# Samuel Gawith Squadron Leader review



## TommyTree (Jan 7, 2012)

Squadron Leader is an English-style tobacco from Samuel Gawith.










Tin aroma: The smell from the tin is all Latakia. It's beautifully leathery and full, but still not as overpowering as a lot of other latakia blends I could mention.

Taste: While you get a lot of Latakia in the tin, what you get in the pipe is actually kind of delicate. The Latakia is strong but still somehow only plays a supporting role. The Virginias here are the star, but play it in a sublimely understated way that is aided nicely by aging. Retrohaling (yes, I pulled it off, but barely) reveals notes of citrus.

Room note: Nothing special here. It's a classic English aroma, so if you're spending time with non-smokers who aren't filled with memories of grandpa's pipe, they probably won't like it.

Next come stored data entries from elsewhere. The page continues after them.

-- ===== src/Tests/NumberTests.antt =====
-- Numbers in a Buffer.
use node_qml.Prelude.{ℕ, ◌≡◌, refl, false, some, List, [], ◌∷◌, arith, pos, negsuc}
use node_qml.Memory.{Heap, ok}
use node_qml.Buffer.Number.{check_range, method_read_integer, method_write_integer}
use node_qml.Buffer.Number.RoundTrip.{Writes, method_write_integer-Writes, read-write_integer}
use node_qml.Tests.Hosts
use node_qml.Buffer.Methods.{int16}
use node_qml.Tests.Hosts.{js, machine, qt_endian, memory, whole, middle}

-- An offset that no size_t holds.
abbrev wild : List Hosts.Js
wild = Hosts.Js.not_a_number ∷ []

abbrev minus_two_at_one : List Hosts.Js
minus_two_at_one = Hosts.Js.int (negsuc 1) ∷ Hosts.Js.int (pos 1) ∷ []

method_write_integer-Writes_example :
    Writes js machine qt_endian int16 false middle minus_two_at_one memory
      (method_write_integer js machine qt_endian int16 false (some middle) minus_two_at_one memory)
method_write_integer-Writes_example =
    method_write_integer-Writes js machine qt_endian int16 false middle minus_two_at_one memory
      (omega arith)

read-write_integer_example :
    (n : ℕ) × (h' : Heap) × (method_write_integer js machine qt_endian int16 false
        (some middle)
        minus_two_at_one
        memory
      ≡ ok n h')
    × (method_read_integer js machine qt_endian int16 false
          (some middle)
          (Hosts.Js.int (pos 1) ∷ [])
          h'
        ≡ ok (negsuc 1) h')
read-write_integer_example =
    read-write_integer js machine qt_endian int16 false middle minus_two_at_one (negsuc 1)
      (Hosts.Js.int (pos 1) ∷ []) memory (omega arith) refl (omega arith) (omega arith) refl
      (unfold check_range in refl) (omega arith)
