-- ===== src/Tests/PathTests.antt =====
-- Paths on a machine whose current directory is /home.
use node_qml.Prelude.{◌≡◌, refl, List, [], ◌∷◌, codes, map, text_eq}
use node_qml.Path.{Paths, value, join_slash, method_resolve, method_basename}
use node_qml.Path.Resolved.{below, method_resolve-below}
use node_qml.Tests.Hosts.{Js, js, string}

abbrev home : Paths
home = record {
  clean_path = λ p. p;
  current_path = codes "/home";
  file_name = λ p. codes "b.js";
  absolute_path = λ p. p;
  complete_suffix = λ p. codes "js";
  relative_file_path = λ a b. b;
}

abbrev arguments : List Js
arguments = string (codes "/usr") ∷ string (codes "/var") ∷ string (codes "log") ∷ []

resolved : method_resolve js home arguments ≡ value (codes "/var/log")
unfolding method_resolve
resolved = refl

stripped :
    method_basename js home (string (codes "/a/b.js") ∷ string (codes ".js") ∷ [])
    ≡ value (codes "b")
unfolding method_basename text_eq
stripped = refl

method_resolve-below_example :
    method_resolve js home arguments
    ≡ value (join_slash (below (codes "/home" ∷ []) (map js.to_qstring arguments)))
method_resolve-below_example = method_resolve-below js home arguments (refl, (refl, (refl, tt)))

Overall impressions: Everything about this blend is balanced so perfectly. Too perfectly, actually. It's all just a little too delicate for me. To employ a metaphor, this is a steak from Wolfgang Puck. It's delicious, but not if what you really want is a slab of beef from a typical Texas steakhouse. Chalk that up to personal choice, though. I can easily see this being a favorite of a lot of cigar-turned-pipe smokers.


----------



## mmiller (Nov 17, 2011)

Great review Tom! Your review lines up right with my SL smoking experience. I find it is delicious but a little bit mild flavored for when I get into heavy latakia mode.


----------



## AStateJB (Oct 13, 2011)

It looks interesting, but this cigar smoker says, "bring me the slab o' beef!" Delicate just doesn't seem to grab my attention... Where would you rank the Balkan Supreme on a scale of delicate to not delicate? I really enjoyed it!


----------



## GoJohnnyGo (Nov 19, 2011)

I've been wanting to try this for a while but haven't been able to find it. Thanks for this review.


----------



## TommyTree (Jan 7, 2012)

Balkan Supreme is a pretty beefy tobacco.


----------



## AStateJB (Oct 13, 2011)

TommyTree said:


> Balkan Supreme is a pretty beefy tobacco.

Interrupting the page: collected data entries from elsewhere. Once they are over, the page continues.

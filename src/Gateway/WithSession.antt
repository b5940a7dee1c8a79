-- ===== src/Gateway/WithSession.antt =====
-- internal/gateway/server.go: withSession, which every MCP request passes, over the session cache
-- (lookupTransport of internal/gateway/session.go included). The cache's mutex is free between the
-- fetch of the session and the look at the transport: `between` is what other requests do there.
-- The wrapped handler, the request id and the log's subject and tenant are outside the model.
mod Tests
pub mod Own
pub mod Markers
use orbeat_community.Prelude.{
  ℕ, String, Bool, true, false, not, ◌&&◌, Option, none, some, List, ◌==◌, if◌then◌else◌,
}
use orbeat_community.Prelude.Assoc.{lookup}
use orbeat_community.RateLimit.Adapters.{Principal, key_for}
use orbeat_community.Gateway.SessionCache.{
  TransportBinding, Owner, SessionCache, points_to, get_or_build, Step, steps,
}

-- The request, as far as withSession reads it; `principal` is none without a verified token.
pub record Request : Type 0 where
  pub principal : Option Principal
  pub method : String
  pub mcp_session_id : String

-- transportLookup
pub record TransportLookup : Type 0 where
  pub known : Bool
  pub sess : Option ℕ
  pub cause : String

pub record Rejection : Type 0 where
  pub header : String
  pub cause : String
  pub why : String

-- What withSession does: it calls the next handler, with a session in the context or with none; it
-- answers 503, with Retry-After "5"; or it answers 404, with the rejection's header.
pub data Reply : Type 0 where
  passed : Option ℕ → Reply
  unavailable : Reply
  rejected : Rejection → Reply

abbrev pub unknown_transport : TransportLookup
unknown_transport = record { known = false; sess = none; cause = "" }

abbrev pub looked_up : Option TransportBinding → TransportLookup
looked_up none = unknown_transport
looked_up (some b) = record { known = true; sess = b.sess; cause = b.cause }

unfoldable pub lookup_transport : String → SessionCache → TransportLookup
lookup_transport id c = if id == "" then unknown_transport else looked_up (lookup id c.bound)

abbrev pub marked_rejection : String → String → Rejection
marked_rejection cause why = record { header = cause; cause = cause; why = why }

-- The header of an id that is bound, but not to the session that serves the request.
unfoldable pub bound_rejection : String → Rejection
bound_rejection cause =
    let rej = marked_rejection cause "gateway session rebuilt" in
    if rej.header == "" then marked_rejection "unknown" rej.why else rej

abbrev pub is_foreign : String → SessionCache → Option ℕ → Bool
is_foreign subject c none = false
is_foreign subject c (some r) = not ((c.heap r).subject == subject)

-- The log's cause is finer than the header.
unfoldable pub refuse_bound : String → SessionCache → TransportLookup → Rejection
refuse_bound subject c b =
    let rej = bound_rejection b.cause in
    if is_foreign subject c b.sess
    then record rej {
      cause = "cross_subject";
      why = "transport session replayed by another subject";
    }
    else rej

abbrev pub refuse_unbound : Rejection
refuse_unbound = marked_rejection "unbound" "no binding for this transport session"

-- The switch, for the session that was fetched.
unfoldable pub check_transport : String → Request → ℕ → SessionCache → TransportLookup → Reply
check_transport subject request r c b =
    if request.mcp_session_id == ""
    then passed (some r)
    else if request.method == "DELETE"
    then passed (some r)
    else if b.known && points_to b.sess r
    then passed (some r)
    else if b.known
    then rejected (refuse_bound subject c b)
    else rejected refuse_unbound

pub with_built : String → Request → List Step → Option ℕ × SessionCache → Reply × SessionCache
with_built subject request between (none, c) = (unavailable, steps c between)
with_built subject request between (some r, c) =
    let c' = steps c between in
    (check_transport subject request r c' (lookup_transport request.mcp_session_id c'), c')

abbrev pub owned_by : String → Option String → Option Owner
owned_by subject none = none
owned_by subject (some tenant) = some (record { subject = subject; tenant_id = tenant })

-- `tenant` is none where buildSession fails.
pub with_principal :
    Request
    → ℕ
    → ℕ
    → Option String
    → List Step
    → SessionCache
    → Option Principal
    → Reply × SessionCache
with_principal request now later tenant between c none = (passed none, c)
with_principal request now later tenant between c (some p) =
    with_built p.subject request between
      (get_or_build (key_for p) now later (owned_by p.subject tenant) c)

unfoldable pub with_session :
    Request → ℕ → ℕ → Option String → List Step → SessionCache → Reply × SessionCache
with_session request now later tenant between c =
    with_principal request now later tenant between c request.principal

I was guessing it was. I enjoyed it a lot! So much that it's all gone already! :lol:


----------



## Iframedrogerrabbit (Jan 12, 2012)

Great review. I just got a bit of sl so I'm pretty excited to try it.


----------



## TommyTree (Jan 7, 2012)

Looks like Josh is a Latakia smoker!


----------



## AStateJB (Oct 13, 2011)

TommyTree said:


> Looks like Josh is a Latakia smoker!


I think that's a safe bet!


----------



## yorkshirepipe (Jan 13, 2011)

I wouldn't say its delicate, but hey thats just me 

This was the first english i tried, and is still my favourite, have about 5 tins of the stuff so i will make sure i never run out! The leathary taste is great, i think the latakia is very well balanced with the virginias, very glad the latakia isnt overpowering like other english blends can be!


----------



## keen smoke (Sep 8, 2010)

I really like SL. I'm not a huge fan of Lat bombs so the fabulous balance in this blend really suits me. To my tastes, the orientals a bit more dominant than the Virginia, but the VAs definitely do add some nice sweet notes that I enjoy.

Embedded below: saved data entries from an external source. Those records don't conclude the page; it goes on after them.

-- ===== src/Gateway/WithSession/Markers.antt =====
-- The values of the rejection's header.
use orbeat_community.Prelude.{
  ℕ, String, ◌≡◌, refl, sym, inl, inr, true, false, ◌&&◌, Option, none, some, List, ◌==◌, Among,
  arith, contains, contains_iff, eq_iff, Bool-cases, subst, if◌then◌else◌,
}
use orbeat_community.Prelude.Assoc.{lookup}
use orbeat_community.RateLimit.Adapters.{Principal, key_for}
use orbeat_community.Gateway.SessionCache.{
  TransportBinding, SessionCache, points_to, get_or_build, Step, fetch, step, steps,
  new_session_cache,
}
use orbeat_community.Gateway.SessionCache.Causes.{
  causes, Marked, AllMarked, step-AllMarked, steps-AllMarked, lookup-IsMarked,
}
use orbeat_community.Gateway.WithSession.{
  Request, TransportLookup, Rejection, rejected, looked_up, lookup_transport, bound_rejection,
  is_foreign, refuse_bound, refuse_unbound, check_transport, with_built, owned_by, with_principal,
  with_session,
}

-- What the rejection tells the client of the binding: a tombstone's cause, "unknown" where the
-- binding has a session, "unbound" where there is none.
abbrev pub TellsBound : Rejection → Option ℕ → String → Type 0
TellsBound rej none cause = (rej.header ≡ cause) × Among rej.header causes
TellsBound rej (some r) cause = rej.header ≡ "unknown"

abbrev pub Tells : Rejection → Option TransportBinding → Type 0
Tells rej none = rej.header ≡ "unbound"
Tells rej (some b) = TellsBound rej b.sess b.cause

-- What it tells the log beyond that: that the session is another subject's, where it is.
abbrev pub Logs : String → SessionCache → Rejection → Option TransportBinding → Type 0
Logs subject c rej none = rej.cause ≡ rej.header
Logs subject c rej (some b) =
    rej.cause ≡ (if is_foreign subject c b.sess then "cross_subject" else rej.header)

refuse_bound-header :
    (subject : String) (c : SessionCache) (b : TransportLookup)
    → (refuse_bound subject c b).header ≡ (bound_rejection b.cause).header
unfolding refuse_bound
refuse_bound-header subject c b = elim (Bool-cases (is_foreign subject c b.sess)) [
  | inl foreign ↦ rw foreign refl
  | inr own ↦ rw own refl
]

bound_rejection-cause :
    (cause : String) → (bound_rejection cause).cause ≡ (bound_rejection cause).header
unfolding bound_rejection
bound_rejection-cause cause = elim (Bool-cases (cause == "")) [
  | inl empty ↦ rw empty refl
  | inr full ↦ rw full refl
]

refuse_bound-cause :
    (subject : String) (c : SessionCache) (b : TransportLookup)
    → (refuse_bound subject c b).cause
      ≡ (if is_foreign subject c b.sess then "cross_subject" else (refuse_bound subject c b).header)
unfolding refuse_bound
refuse_bound-cause subject c b = elim (Bool-cases (is_foreign subject c b.sess)) [
  | inl foreign ↦ rw foreign refl
  | inr own ↦ rw own (bound_rejection-cause b.cause)
]

causes_named : (cause : String) → Among cause causes → cause == "" ≡ false
unfolding contains
causes_named cause h = elim (Bool-cases (cause == "")) [
  | inr full ↦ full
  | inl empty ↦
      let none_named : Among "" causes =
        subst (λ x. Among x causes) ((eq_iff cause "").0 empty) h in
      let hit : contains causes "" ≡ true = (contains_iff causes "").1 none_named in cc
]

bound_rejection-Tells :
    (rej : Rejection) (o : Option ℕ) (cause : String)
    → Marked o cause
    → rej.header ≡ (bound_rejection cause).header
    → TellsBound rej o cause
unfolding bound_rejection
bound_rejection-Tells rej none cause named told =
    let e : rej.header ≡ cause = rw (causes_named cause named) at told in
    (e, subst (λ x. Among x causes) (sym e) named)
bound_rejection-Tells rej (some r) cause fresh told = rw fresh at told

rejected_inj : {a b : Rejection} → rejected a ≡ rejected b → a ≡ b
rejected_inj e = ground arith

refusal-Tells :
    (subject : String) (c : SessionCache) (o : Option TransportBinding) (rej : Rejection)
    → ((b : TransportBinding) → o ≡ some b → Marked b.sess b.cause)
    → (if (looked_up o).known
        then rejected (refuse_bound subject c (looked_up o))
        else rejected refuse_unbound)
      ≡ rejected rej
    → Tells rej o × Logs subject c rej o
refusal-Tells subject c none rej marked e =
    let same : refuse_unbound ≡ rej = rejected_inj e in
    subst (λ x. Tells x none × Logs subject c x none) same (refl, refl)
refusal-Tells subject c (some b) rej marked e =
    let same : refuse_bound subject c (looked_up (some b)) ≡ rej = rejected_inj e in
    subst (λ x. Tells x (some b) × Logs subject c x (some b)) same
      (
        bound_rejection-Tells (refuse_bound subject c (looked_up (some b))) b.sess b.cause
            (marked b refl) (refuse_bound-header subject c (looked_up (some b))),
        refuse_bound-cause subject c (looked_up (some b)),
      )

check_transport-Tells :
    (subject : String) (request : Request) (r : ℕ) (c : SessionCache) (rej : Rejection)
    → AllMarked c
    → check_transport subject request r c (lookup_transport request.mcp_session_id c) ≡ rejected rej
    → Tells rej (lookup request.mcp_session_id c.bound)
      × Logs subject c rej (lookup request.mcp_session_id c.bound)
unfolding check_transport lookup_transport
check_transport-Tells subject request r c rej h e =
    let id = request.mcp_session_id in
    let o = lookup id c.bound in
    elim (Bool-cases (id == "")) [
      | inl empty ↦ cc (rw empty at e)
      | inr named ↦ elim (Bool-cases (request.method == "DELETE")) [
        | inl deleted ↦ cc (rw (named, deleted) at e)
        | inr kept ↦ elim (Bool-cases ((looked_up o).known && points_to (looked_up o).sess r)) [
          | inl hit ↦ cc (rw (named, kept, hit) at e)
          | inr miss ↦
              refusal-Tells subject c o rej (λ b there. lookup-IsMarked id c.bound b h there)
                (rw (named, kept, miss) at e)
        ]
      ]
    ]

with_built-Tells :
    (subject : String) (request : Request) (between : List Step) (o : Option ℕ) (c : SessionCache)
    (rej : Rejection)
    → AllMarked c
    → (with_built subject request between (o, c)).0 ≡ rejected rej
    → Tells rej (lookup request.mcp_session_id (steps c between).bound)
      × Logs subject (steps c between) rej (lookup request.mcp_session_id (steps c between).bound)
unfolding with_built
with_built-Tells subject request between none c rej h e = cc
with_built-Tells subject request between (some r) c rej h e =
    check_transport-Tells subject request r (steps c between) rej (steps-AllMarked c between h) e

-- From a new cache, after any calls: a request that is refused with a 404 gets in its header why
-- the transport it names is dead, one of six causes, when the binding is a tombstone; "unknown",
-- never "cross_subject", when the binding has a session; and "unbound" when there is no binding.
-- The log's cause is the header, or "cross_subject" where the bound session is of another subject.
-- The binding is the one found when it is looked up, whatever other requests did since the fetch.
pub with_session-Tells :
    (ttl max_age : ℕ) (ss between : List Step) (request : Request) (p : Principal) (now later : ℕ)
    (tenant : Option String) (rej : Rejection)
    → let c = steps (new_session_cache ttl max_age) ss in
      let seen = steps (step c (fetch (key_for p) now later (owned_by p.subject tenant))) between in
      request.principal ≡ some p
      → (with_session request now later tenant between c).0 ≡ rejected rej
      → Tells rej (lookup request.mcp_session_id seen.bound)
        × Logs p.subject seen rej (lookup request.mcp_session_id seen.bound)
unfolding with_session with_principal step
with_session-Tells ttl max_age ss between request p now later tenant rej known found =
    let c = steps (new_session_cache ttl max_age) ss in
    let owner = owned_by p.subject tenant in
    let got = get_or_build (key_for p) now later owner c in
    let found_p : (with_built p.subject request between got).0 ≡ rejected rej =
      subst (λ q. (with_principal request now later tenant between c q).0 ≡ rejected rej) known
        found in
    with_built-Tells p.subject request between got.0 got.1 rej
      (step-AllMarked c (fetch (key_for p) now later owner)
        (steps-AllMarked (new_session_cache ttl max_age) ss tt))
      found_p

I'd also note that this one really grew on me over time. I liked it at first but not enough to smoke it more than here and there. But I continued dipping into my jar; I'm not sure if the tobacco improved with some air (we're not talking much aging here) or my tastes just lined up right, but now its one of my favorites when I want a tasty oriental blend with some lat (a balkan?!).

Thanks for the review, cheers


----------